TASK TO COMPLETE.
Set down each line from the start of the material exactly, please, up to and including the one that contains "pub record Message : Type 0 where".

THE INPUT.
-- -- --

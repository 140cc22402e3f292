-- ===== src/Proto/Core.antt =====
-- The messages of proto/client.proto about users, messages, packets and attachments.
use turntf_rs.Prelude.{ℕ, ℤ, String, Bool, List, Option}
use turntf_rs.Types.{Bytes, UserRef, SessionRef}

pub record User : Type 0 where
  pub node_id : ℤ
  pub user_id : ℤ
  pub username : String
  pub role : String
  pub profile_json : Bytes
  pub system_reserved : Bool
  pub created_at : String
  pub updated_at : String
  pub origin_node_id : ℤ
  pub login_name : String

pub record Message : Type 0 where
  pub recipient : Option UserRef
  pub node_id : ℤ
  pub seq : ℤ
  pub sender : Option UserRef
  pub body : Bytes
  pub created_at_hlc : String

pub record Packet : Type 0 where
  pub packet_id : ℕ
  pub source_node_id : ℤ
  pub target_node_id : ℤ
  pub recipient : Option UserRef
  pub sender : Option UserRef
  pub body : Bytes
  pub delivery_mode : ℤ
  pub target_session : Option SessionRef

pub record TransientAccepted : Type 0 where
  pub packet_id : ℕ
  pub source_node_id : ℤ
  pub target_node_id : ℤ
  pub recipient : Option UserRef
  pub delivery_mode : ℤ
  pub target_session : Option SessionRef

pub record Attachment : Type 0 where
  pub owner : Option UserRef
  pub subject : Option UserRef
  pub attachment_type : ℤ
  pub config_json : Bytes
  pub attached_at : String
  pub deleted_at : String
  pub origin_node_id : ℤ

pub record UserMetadata : Type 0 where
  pub owner : Option UserRef
  pub key : String
  pub value : Bytes
  pub updated_at : String
  pub deleted_at : String
  pub expires_at : String
  pub origin_node_id : ℤ

pub record LoginResponse : Type 0 where
  pub user : Option User
  pub protocol_version : String
  pub session_ref : Option SessionRef

pub record DeleteUserResponse : Type 0 where
  pub status : String
  pub user : Option UserRef

pub record ScanUserMetadataResponse : Type 0 where
  pub items : List UserMetadata
  pub count : ℤ
  pub next_after : String
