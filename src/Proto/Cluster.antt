-- ===== src/Proto/Cluster.antt =====
-- The messages of proto/client.proto about events, nodes, sessions and the state of a node.
use turntf_rs.Prelude.{ℕ, ℤ, String, Bool, List, Option}
use turntf_rs.Types.{Bytes, UserRef, SessionRef}

pub record Event : Type 0 where
  pub sequence : ℤ
  pub event_id : ℤ
  pub event_type : String
  pub aggregate : String
  pub aggregate_node_id : ℤ
  pub aggregate_id : ℤ
  pub hlc : String
  pub origin_node_id : ℤ
  pub event_json : Bytes

pub record ClusterNode : Type 0 where
  pub node_id : ℤ
  pub is_local : Bool
  pub configured_url : String
  pub source : String

pub record LoggedInUser : Type 0 where
  pub node_id : ℤ
  pub user_id : ℤ
  pub username : String
  pub login_name : String

pub record OnlineNodePresence : Type 0 where
  pub serving_node_id : ℤ
  pub session_count : ℤ
  pub transport_hint : String

pub record ResolvedSession : Type 0 where
  pub session : Option SessionRef
  pub transport : String
  pub transient_capable : Bool

pub record ResolveUserSessionsResponse : Type 0 where
  pub user : Option UserRef
  pub presence : List OnlineNodePresence
  pub items : List ResolvedSession
  pub count : ℤ

pub record MessageTrimStatus : Type 0 where
  pub trimmed_total : ℤ
  pub last_trimmed_at : String

pub record EventLogTrimStatus : Type 0 where
  pub trimmed_total : ℤ
  pub last_trimmed_at : String

pub record ProjectionStatus : Type 0 where
  pub pending_total : ℤ
  pub last_failed_at : String

pub record PeerOriginStatus : Type 0 where
  pub origin_node_id : ℤ
  pub acked_event_id : ℤ
  pub applied_event_id : ℤ
  pub unconfirmed_events : ℤ
  pub cursor_updated_at : String
  pub remote_last_event_id : ℕ
  pub pending_catchup : Bool

pub record PeerStatus : Type 0 where
  pub node_id : ℤ
  pub configured_url : String
  pub connected : Bool
  pub session_direction : String
  pub origins : List PeerOriginStatus
  pub pending_snapshot_partitions : ℤ
  pub remote_snapshot_version : String
  pub remote_message_window_size : ℤ
  pub clock_offset_ms : ℤ
  pub last_clock_sync : String
  pub snapshot_digests_sent_total : ℕ
  pub snapshot_digests_received_total : ℕ
  pub snapshot_chunks_sent_total : ℕ
  pub snapshot_chunks_received_total : ℕ
  pub last_snapshot_digest_at : String
  pub last_snapshot_chunk_at : String
  pub source : String
  pub discovered_url : String
  pub discovery_state : String
  pub last_discovered_at : String
  pub last_connected_at : String
  pub last_discovery_error : String

pub record OperationsStatus : Type 0 where
  pub node_id : ℤ
  pub message_window_size : ℤ
  pub last_event_sequence : ℤ
  pub write_gate_ready : Bool
  pub conflict_total : ℤ
  pub message_trim : Option MessageTrimStatus
  pub projection : Option ProjectionStatus
  pub peers : List PeerStatus
  pub event_log_trim : Option EventLogTrimStatus
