-- ===== src/Proto/Requests.antt =====
-- The requests of proto/client.proto.
use turntf_rs.Prelude.{ℤ, String, Option, List, Bool}
use turntf_rs.Types.{Bytes, UserRef, SessionRef, MessageCursor}

pub record LoginRequest : Type 0 where
  pub user : Option UserRef
  pub login_name : String
  pub password : String
  pub seen_messages : List MessageCursor
  pub transient_only : Bool

pub record SendMessageRequest : Type 0 where
  pub target : Option UserRef
  pub body : Bytes
  pub delivery_kind : ℤ
  pub delivery_mode : ℤ
  pub sync_mode : ℤ
  pub target_session : Option SessionRef

pub record CreateUserRequest : Type 0 where
  pub username : String
  pub password : String
  pub profile_json : Bytes
  pub role : String
  pub login_name : String

pub record GetUserRequest : Type 0 where
  pub user : Option UserRef

pub record StringField : Type 0 where
  pub value : String

pub record BytesField : Type 0 where
  pub value : Bytes

pub record UpdateUserRequest : Type 0 where
  pub user : Option UserRef
  pub username : Option StringField
  pub password : Option StringField
  pub profile_json : Option BytesField
  pub role : Option StringField
  pub login_name : Option StringField

pub record DeleteUserRequest : Type 0 where
  pub user : Option UserRef

pub record ListUsersRequest : Type 0 where
  pub name : String
  pub uid : Option UserRef

pub record ListMessagesRequest : Type 0 where
  pub user : Option UserRef
  pub limit : ℤ

pub record UpsertUserAttachmentRequest : Type 0 where
  pub owner : Option UserRef
  pub subject : Option UserRef
  pub attachment_type : ℤ
  pub config_json : Bytes

pub record DeleteUserAttachmentRequest : Type 0 where
  pub owner : Option UserRef
  pub subject : Option UserRef
  pub attachment_type : ℤ

pub record ListUserAttachmentsRequest : Type 0 where
  pub owner : Option UserRef
  pub attachment_type : ℤ

pub record ListEventsRequest : Type 0 where
  pub after : ℤ
  pub limit : ℤ

pub record ListNodeLoggedInUsersRequest : Type 0 where
  pub node_id : ℤ

pub record ResolveUserSessionsRequest : Type 0 where
  pub user : Option UserRef

pub record GetUserMetadataRequest : Type 0 where
  pub owner : Option UserRef
  pub key : String

pub record UpsertUserMetadataRequest : Type 0 where
  pub owner : Option UserRef
  pub key : String
  pub value : Bytes
  pub expires_at : Option StringField

pub record DeleteUserMetadataRequest : Type 0 where
  pub owner : Option UserRef
  pub key : String

pub record ScanUserMetadataRequest : Type 0 where
  pub owner : Option UserRef
  pub prefix : String
  pub after : String
  pub limit : ℤ

-- `proto::client_envelope::Body` of a request, whose id stands beside it.
pub data ClientBody : Type 0 where
  send_message : SendMessageRequest → ClientBody
  ping : ClientBody
  create_user : CreateUserRequest → ClientBody
  get_user : GetUserRequest → ClientBody
  update_user : UpdateUserRequest → ClientBody
  delete_user : DeleteUserRequest → ClientBody
  list_users : ListUsersRequest → ClientBody
  list_messages : ListMessagesRequest → ClientBody
  upsert_user_attachment : UpsertUserAttachmentRequest → ClientBody
  delete_user_attachment : DeleteUserAttachmentRequest → ClientBody
  list_user_attachments : ListUserAttachmentsRequest → ClientBody
  list_events : ListEventsRequest → ClientBody
  operations_status : ClientBody
  metrics : ClientBody
  list_cluster_nodes : ClientBody
  list_node_logged_in_users : ListNodeLoggedInUsersRequest → ClientBody
  resolve_user_sessions : ResolveUserSessionsRequest → ClientBody
  get_user_metadata : GetUserMetadataRequest → ClientBody
  upsert_user_metadata : UpsertUserMetadataRequest → ClientBody
  delete_user_metadata : DeleteUserMetadataRequest → ClientBody
  scan_user_metadata : ScanUserMetadataRequest → ClientBody
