-- ===== src/Proto.antt =====
-- The messages of proto/client.proto that the client sends and receives, as the structs that are
-- generated from them: a message inside a message may be missing, an enum is its number, and the
-- request id stands beside the message. `UserRef`, `MessageCursor` and `SessionRef` have the
-- fields of the types of src/types.rs and are these.
mod Core
mod Cluster
mod Requests
pub use Core.*
pub use Cluster.*
pub use Requests.*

-- -- --

WRITTEN SOLUTION.
repository 140cc22402e3f292
-- ===== src/Proto/Core.antt =====
-- The messages of proto/client.proto about users, messages, packets and attachments.
use turntf_rs.Prelude.{ℕ, ℤ, String, Bool, List, Option}
use turntf_rs.Types.{Bytes, UserRef, SessionRef}

pub record User : Type 0 where
  pub node_id : ℤ
  pub user_id : ℤ
  pub username : String
  pub role : String
  pub profile_json : Bytes
  pub system_reserved : Bool
  pub created_at : String
  pub updated_at : String
  pub origin_node_id : ℤ
  pub login_name : String

pub record Message : Type 0 where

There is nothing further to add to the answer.